Input data:
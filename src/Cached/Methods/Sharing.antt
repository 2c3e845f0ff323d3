-- ===== src/Cached/Methods/Sharing.antt =====
-- CirculatingSupply of app/db/cached/accessor.go, called for two lists of addresses.
use idena_indexer_api.Prelude.{ℕ, ◌+◌, ◌≤◌, ◌≡◌, false, none, List}
use idena_indexer_api.Prelude.Text.{Text}
use idena_indexer_api.GoCache.{GoCache}
use idena_indexer_api.Cached.Key.{cache_key}
use idena_indexer_api.Cached.Accessor.{CachedValue, CachedAccessor, read, get_or_load}
use idena_indexer_api.Cached.Accessor.Freshness.{IsSpanned}
use idena_indexer_api.Cached.Accessor.Repeat.{HasRoom, get_or_load_again}
use idena_indexer_api.Cached.Methods.Network.{circulating_supply, network_entry}

abbrev pub supply_method : List Text → Text
supply_method addresses = (network_entry (circulating_supply addresses)).method

abbrev pub supply_key : List Text → Text
supply_key addresses = cache_key (network_entry (circulating_supply addresses)).args

module _ {R Err : Type 0} (g : GoCache (CachedValue R Err)) (life : Text → ℕ) where
  open g use {Store}

  -- In an accessor whose caches have the lifetimes of their methods: after CirculatingSupply found
  -- nothing and loaded the supply without the addresses `xs`, with room in its cache, the supply
  -- without any other addresses `ys` is answered with the same value while that lives: the
  -- addresses are not in the key.
  pub circulating_supply_shared :
      (a : CachedAccessor Store) (t t' u u' : ℕ) (xs ys : List Text) (v w : CachedValue R Err)
      → IsSpanned g life a
      → (read g a t (supply_method xs) (supply_key xs)).0 ≡ none
      → HasRoom g life (read g a t (supply_method xs) (supply_key xs)).1 (supply_method xs) t'
      → t' ≤ u
      → u ≤ t' + life (supply_method xs)
      → (r : CachedAccessor Store) × (get_or_load g
            (get_or_load g a t t' (supply_method xs) (supply_key xs) v).2
            u
            u'
            (supply_method ys)
            (supply_key ys)
            w
          ≡ (v, false, r))
  unfolding network_entry
  circulating_supply_shared a t t' u u' xs ys v w h miss room le lives =
      get_or_load_again g life a t t' u u' (supply_method xs) (supply_key xs) v w h miss room le
        lives
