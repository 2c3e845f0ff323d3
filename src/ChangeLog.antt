-- ===== src/ChangeLog.antt =====
-- app/changelog/changelog.go: the files of change logs, parsed and served by version and upgrade.
-- Versions are of the package go-semver, which is a parameter.
pub mod Parser
pub mod Automaton
pub mod Sections
pub mod Main
pub mod Refresh
mod Examples
use idena_indexer_api.Prelude.{
  ℕ, Bool, true, false, not, ◌&&◌, ◌==◌, Option, none, some, List, [], ◌∷◌, ◌++◌, ◌-◌, ◌%◌, ◌^◌,
  if◌then◌else◌, ltb, length, drop, suc, ◌+◌,
}
use mathlib.Core.Option
use idena_indexer_api.Prelude.Text.{Text, codes, has_prefix, trim_prefix, contains}
use idena_indexer_api.Prelude.Decimal.{itoa}
use idena_indexer_api.Prelude.Int.{ℤ, pos, negsuc, ◌==ℤ◌}
use idena_indexer_api.Prelude.Strings.{
  split, trim_last, replace_first, remove_all, cut_matches, find_between, inner, atoi,
}

-- Package go-semver: NewVersion, and Major, Minor, Patch and String of a version.
pub record Semver : Type 1 where
  pub Version : Type 0
  pub new_version : Text → Option Version
  pub major : Version → ℤ
  pub minor : Version → ℤ
  pub patch : Version → ℤ
  pub string : Version → Text

-- service.ChangeLogData
pub record ChangeLogData : Type 0 where
  pub upgrade : ℕ
  pub url : Text
  pub changes : List Text

-- The conversion uint32(n) of an int.
unfoldable pub to_u32 : ℤ → ℕ
to_u32 (pos n) = n % 2 ^ 32
to_u32 (negsuc n) = 2 ^ 32 - 1 - n % 2 ^ 32

abbrev fork_mark : Text
fork_mark = codes "### Fork (Upgrade "

-- The upgrade of a line "### Fork (Upgrade 7)".
unfoldable pub fork_upgrade : Text → Option ℕ
unfolding has_prefix trim_prefix trim_last atoi to_u32
fork_upgrade line =
    if has_prefix line fork_mark
    then Option.map to_u32 (atoi (trim_last (trim_prefix line fork_mark) b')'))
    else none

abbrev hashes : Text → ℕ
hashes [] = 0
hashes (c ∷ s) = let more = hashes s in if c == b'#' then suc more else 0

abbrev is_digit : ℕ → Bool
is_digit c = ltb 47 c && ltb c 58

abbrev digits : Text → ℕ
digits [] = 0
digits (c ∷ s) = let more = digits s in if is_digit c then suc more else 0

-- The length of the match of the regular expression " \(\[#+[0-9]*]\)" that starts a text, or 0.
unfoldable pub reference_width : Text → ℕ
unfolding has_prefix
reference_width s =
    let marks = hashes (drop 3 s) in
    let number = digits (drop (3 + marks) s) in
    if has_prefix s (codes " ([")
      && ltb 0 marks
      && has_prefix (drop (3 + marks + number) s) (codes "])")
    then 5 + marks + number
    else 0

-- The text of a line of the list of changes, without its references to issues.
unfoldable pub change_of : Text → Text
unfolding trim_prefix remove_all cut_matches reference_width
change_of line =
    cut_matches reference_width 0 (remove_all (trim_prefix line (codes "- ")) (codes "], [#"))

-- generateUrl
unfoldable pub generate_url : Text → Text → Text → Text
unfolding replace_first
generate_url base_link local_link anchor =
    replace_first base_link (codes "CHANGELOG.md") [] ++ local_link ++ b'#' ∷ anchor

module _ (semver : Semver) where
  open semver use {Version, new_version, major, minor, patch, string}

  -- generateUrlAnchor
  unfoldable pub generate_url_anchor : Version → Text → Option Text
  unfolding find_between inner replace_first itoa
  generate_url_anchor ver v =
      let sub = find_between b'(' b')' v in
      if ltb 2 (length sub)
      then Option.map
          (λ date.
            itoa (major ver)
            ++ itoa (minor ver)
            ++ itoa (patch ver)
            ++ b'-'
              ∷ replace_first (replace_first date (codes ", ") (codes "-")) (codes " ") (codes "-"))
          (inner sub)
      else none

  -- The version and the anchor of a line "## 1.2.0 (…)"; `none` where parseChangeLog goes on to the
  -- next line.
  unfoldable pub heading : Text → Option (Version × Text)
  unfolding split has_prefix trim_prefix generate_url_anchor
  heading line =
      if has_prefix line (codes "## ")
      then elim (split (trim_prefix line (codes "## ")) b' ') [
        | [] ↦ none
        | word ∷ _ ↦ elim (new_version word) [
          | none ↦ none
          | some v ↦
              if patch v ==ℤ pos 0
              then Option.map (λ anchor. (v, anchor)) (generate_url_anchor v line)
              else none
        ]
      ]
      else none
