-- ===== src/ChangeLog/Parser.antt =====
-- parseChangeLog of app/changelog/changelog.go: three loops that share the index of the next line, here
-- the list of the lines that are left.
use idena_indexer_api.Prelude.{
  ℕ, zero, suc, ◌+◌, ◌==◌, Option, none, some, List, [], ◌∷◌, ◌++◌, if◌then◌else◌, length,
}
use idena_indexer_api.Prelude.Text.{Text, codes, has_prefix}
use idena_indexer_api.Prelude.Strings.{split, before_last}
use idena_indexer_api.Prelude.Assoc.{find, insert}
use idena_indexer_api.ChangeLog.{
  Semver, ChangeLogData, fork_upgrade, change_of, generate_url, heading,
}

-- The two maps that parseChangeLog returns; a missing upgrade reads as "".
pub record ChangeLogs : Type 0 where
  pub change_logs_by_version : List (Text × ChangeLogData)
  pub urls_by_upgrade : ℕ → Text

abbrev pub no_change_logs : ChangeLogs
no_change_logs = record { change_logs_by_version = []; urls_by_upgrade = λ u. [] }

-- What comes of a run: the maps, a panic, or no more fuel.
pub data Run : Type 0 where
  done : ChangeLogs → Run
  panicked : Run
  unfinished : Run

-- A line in the list of changes.
unfoldable pub add_change : ChangeLogData → Text → ChangeLogData
add_change d line =
    if has_prefix line (codes "- ")
    then record d { changes = d.changes ++ change_of line ∷ [] }
    else d

-- The innermost loop, and the lines behind the one that ends it.
unfoldable pub read_changes : List Text → ChangeLogData → ChangeLogData × List Text
read_changes [] d = (d, [])
read_changes (line ∷ lines) d =
    let more = read_changes lines (add_change d line) in
    if has_prefix line (codes "#") then (d, lines) else more

-- The loop that looks for the mark of a fork.
unfoldable pub find_fork : List Text → Option (ℕ × List Text)
find_fork [] = none
find_fork (line ∷ lines) = elim (fork_upgrade line) [
  | none ↦ find_fork lines
  | some upgrade ↦ some (upgrade, lines)
]

abbrev pub master_link : Text
master_link = codes "https://github.com/idena-network/idena-go/blob/master/CHANGELOG.md"

-- The item of a fork before its changes are read; `link` is what linksByVersion has for the version.
unfoldable pub new_data : Text → ℕ → Option Text → ChangeLogData
new_data anchor upgrade link = record {
  upgrade = upgrade;
  url = elim link [ none ↦ [] | some l ↦ generate_url master_link l anchor ];
  changes = [];
}

-- Into the maps; a url only if there is a link.
unfoldable pub put_data : ChangeLogs → Text → Option Text → ChangeLogData → ChangeLogs
put_data logs version link d = record {
  change_logs_by_version = insert logs.change_logs_by_version version d;
  urls_by_upgrade = elim link [
    | none ↦ logs.urls_by_upgrade
    | some l ↦ λ u. if u == d.upgrade then d.url else logs.urls_by_upgrade u
  ];
}

module _ (semver : Semver) (links_by_version : List (Text × Text)) where
  open semver use {Version, string}

  -- linksByVersion at "v" and the version less its last part; `none` is a panic.
  unfoldable pub link_of : Version → Option (Option Text)
  link_of v = elim (before_last (string v) b'.') [
    | none ↦ none
    | some major ↦ some (find links_by_version (b'v' ∷ major))
  ]

  -- The outer loop, from the lines that are left and the maps filled so far.
  unfoldable pub parse_lines : ℕ → List Text → ChangeLogs → Run
  parse_lines zero lines logs = unfinished
  parse_lines (suc fuel) [] logs = done logs
  parse_lines (suc fuel) (line ∷ lines) logs = elim (heading semver line) [
    | none ↦ parse_lines fuel lines logs
    | some (v, anchor) ↦ elim (find_fork lines) [
      | none ↦ parse_lines fuel [] logs
      | some (upgrade, rest) ↦ elim (link_of v) [
        | none ↦ panicked
        | some link ↦
            let (d, left) = read_changes rest (new_data anchor upgrade link) in
            parse_lines fuel left (put_data logs (string v) link d)
      ]
    ]
  ]

  -- Each round takes a line at least.
  unfoldable pub parse_change_log : Text → Run
  parse_change_log text =
      let lines = split text b'\n' in parse_lines (length lines + 1) lines no_change_logs
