-- ===== src/ChangeLog/Automaton.antt =====
-- The loops of parseChangeLog as one pass over the lines, with the loop that it is in as its state.
use idena_indexer_api.Prelude.{
  ℕ, zero, suc, ◌≤◌, ◌<◌, ◌≡◌, refl, sym, ◌∙◌, inl, inr, Option, none, some, List, [], ◌∷◌,
  if◌then◌else◌, length, arith, Option-cases,
}
use idena_indexer_api.Prelude.Text.{Text, codes, has_prefix}
use idena_indexer_api.Prelude.Strings.{split}
use idena_indexer_api.ChangeLog.{Semver, ChangeLogData, fork_upgrade, heading}
use idena_indexer_api.ChangeLog.Parser.{
  ChangeLogs, no_change_logs, Run, done, panicked, add_change, read_changes, find_fork, new_data,
  put_data, link_of, parse_lines, parse_change_log,
}

pub length-read_changes :
    (lines : List Text) (d : ChangeLogData) → length (read_changes lines d).1 ≤ length lines
unfolding read_changes
length-read_changes [] d = omega arith
length-read_changes (line ∷ lines) d = ground (arith, length-read_changes lines (add_change d line))

length-find_fork :
    (lines : List Text) (u : ℕ) (rest : List Text)
    → find_fork lines ≡ some (u, rest)
    → length rest ≤ length lines
unfolding find_fork
length-find_fork [] u rest e = ground arith
length-find_fork (line ∷ lines) u rest e = ground (arith, length-find_fork lines u rest)

module _ (semver : Semver) (links_by_version : List (Text × Text)) where
  open semver use {Version, string}

  -- Outside every section, behind the heading of a version, or in the changes of a fork.
  pub data Mode : Type 0 where
    outside : Mode
    in_version : Version → Text → Mode
    in_changes : Version → Option Text → ChangeLogData → Mode

  unfoldable pub step : Mode → ChangeLogs → Text → Option (Mode × ChangeLogs)
  step outside logs line = elim (heading semver line) [
    | none ↦ some (outside, logs)
    | some (v, anchor) ↦ some (in_version v anchor, logs)
  ]
  step (in_version v anchor) logs line = elim (fork_upgrade line) [
    | none ↦ some (in_version v anchor, logs)
    | some upgrade ↦ elim (link_of semver links_by_version v) [
      | none ↦ none
      | some link ↦ some (in_changes v link (new_data anchor upgrade link), logs)
    ]
  ]
  step (in_changes v link d) logs line =
      if has_prefix line (codes "#")
      then some (outside, put_data logs (string v) link d)
      else some (in_changes v link (add_change d line), logs)

  unfoldable pub close : Mode → ChangeLogs → ChangeLogs
  close outside logs = logs
  close (in_version v anchor) logs = logs
  close (in_changes v link d) logs = put_data logs (string v) link d

  unfoldable pub scan : Mode → ChangeLogs → List Text → Run
  unfolding step close
  scan mode logs [] = done (close mode logs)
  scan mode logs (line ∷ lines) = elim (step mode logs line) [
    | none ↦ panicked
    | some (next, kept) ↦ scan next kept lines
  ]

  scan_changes :
      (v : Version) (link : Option Text) (lines : List Text) (d : ChangeLogData) (logs : ChangeLogs)
      → scan (in_changes v link d) logs lines
        ≡ scan outside
            (put_data logs (string v) link (read_changes lines d).0)
            (read_changes lines d).1
  unfolding scan read_changes
  scan_changes v link [] d logs = refl
  scan_changes v link (line ∷ lines) d logs =
      ground (arith, scan_changes v link lines (add_change d line) logs)

  -- Where the loop that looks for a fork goes on.
  behind_fork : Version → Text → ChangeLogs → Option (ℕ × List Text) → Run
  behind_fork v anchor logs none = done logs
  behind_fork v anchor logs (some (upgrade, rest)) = elim (link_of semver links_by_version v) [
    | none ↦ panicked
    | some link ↦ scan (in_changes v link (new_data anchor upgrade link)) logs rest
  ]

  scan_version :
      (v : Version) (anchor : Text) (logs : ChangeLogs) (lines : List Text)
      → scan (in_version v anchor) logs lines ≡ behind_fork v anchor logs (find_fork lines)
  unfolding scan find_fork behind_fork
  scan_version v anchor logs [] = refl
  scan_version v anchor logs (line ∷ lines) = ground (arith, scan_version v anchor logs lines)

  pub parse_lines-eq-scan :
      (fuel : ℕ) (lines : List Text) (logs : ChangeLogs)
      → length lines < fuel
      → parse_lines semver links_by_version fuel lines logs ≡ scan outside logs lines
  unfolding parse_lines scan behind_fork
  parse_lines-eq-scan zero lines logs h = absurd (omega arith)
  parse_lines-eq-scan (suc fuel) [] logs h = refl
  parse_lines-eq-scan (suc fuel) (line ∷ lines) logs h = elim (Option-cases (heading semver line)) [
    | inl e ↦ rw (e, parse_lines, scan, step) (parse_lines-eq-scan fuel lines logs (omega arith))
    | inr ((v, anchor), e) ↦
        rw (e, parse_lines, scan, step)
          (rw (scan_version v anchor logs lines) (elim (Option-cases (find_fork lines)) [
            | inl f ↦ rw (f, behind_fork) (parse_lines-eq-scan fuel [] logs (omega arith))
            | inr ((u, rest), f) ↦
                rw (f, behind_fork)
                  (elim (Option-cases (link_of semver links_by_version v)) [
                    | inl k ↦ rw (k, behind_fork) refl
                    | inr (link, k) ↦
                        let d = new_data anchor u link in
                        rw (k, behind_fork)
                          (parse_lines-eq-scan fuel (read_changes rest d).1
                              (put_data logs (string v) link (read_changes rest d).0)
                              (omega (
                                arith,
                                length-read_changes rest d,
                                length-find_fork lines u rest f,
                              ))
                            ∙ sym (scan_changes v link rest d logs))
                  ])
          ]))
  ]

  -- parseChangeLog ends on every text, and does what one pass over its lines does that looks for a
  -- heading of a version, then for the mark of a fork, whatever other headings come before it, and then
  -- takes changes up to the next line that starts with "#", which it drops.
  pub parse_change_log-eq-scan :
      (text : Text)
      → parse_change_log semver links_by_version text
        ≡ scan outside no_change_logs (split text b'\n')
  unfolding parse_change_log
  parse_change_log-eq-scan text = parse_lines-eq-scan _ _ _ (omega arith)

Prompt:
Go through the records line by line, and copy each line that holds the string "false".

Reply to the exercise:
use idena_indexer_api.Prelude.{ℕ, ◌+◌, ◌≤◌, ◌≡◌, false, none, List}
          ≡ (v, false, r))
  ℕ, Bool, true, false, not, ◌&&◌, ◌==◌, Option, none, some, List, [], ◌∷◌, ◌++◌, ◌-◌, ◌%◌, ◌^◌,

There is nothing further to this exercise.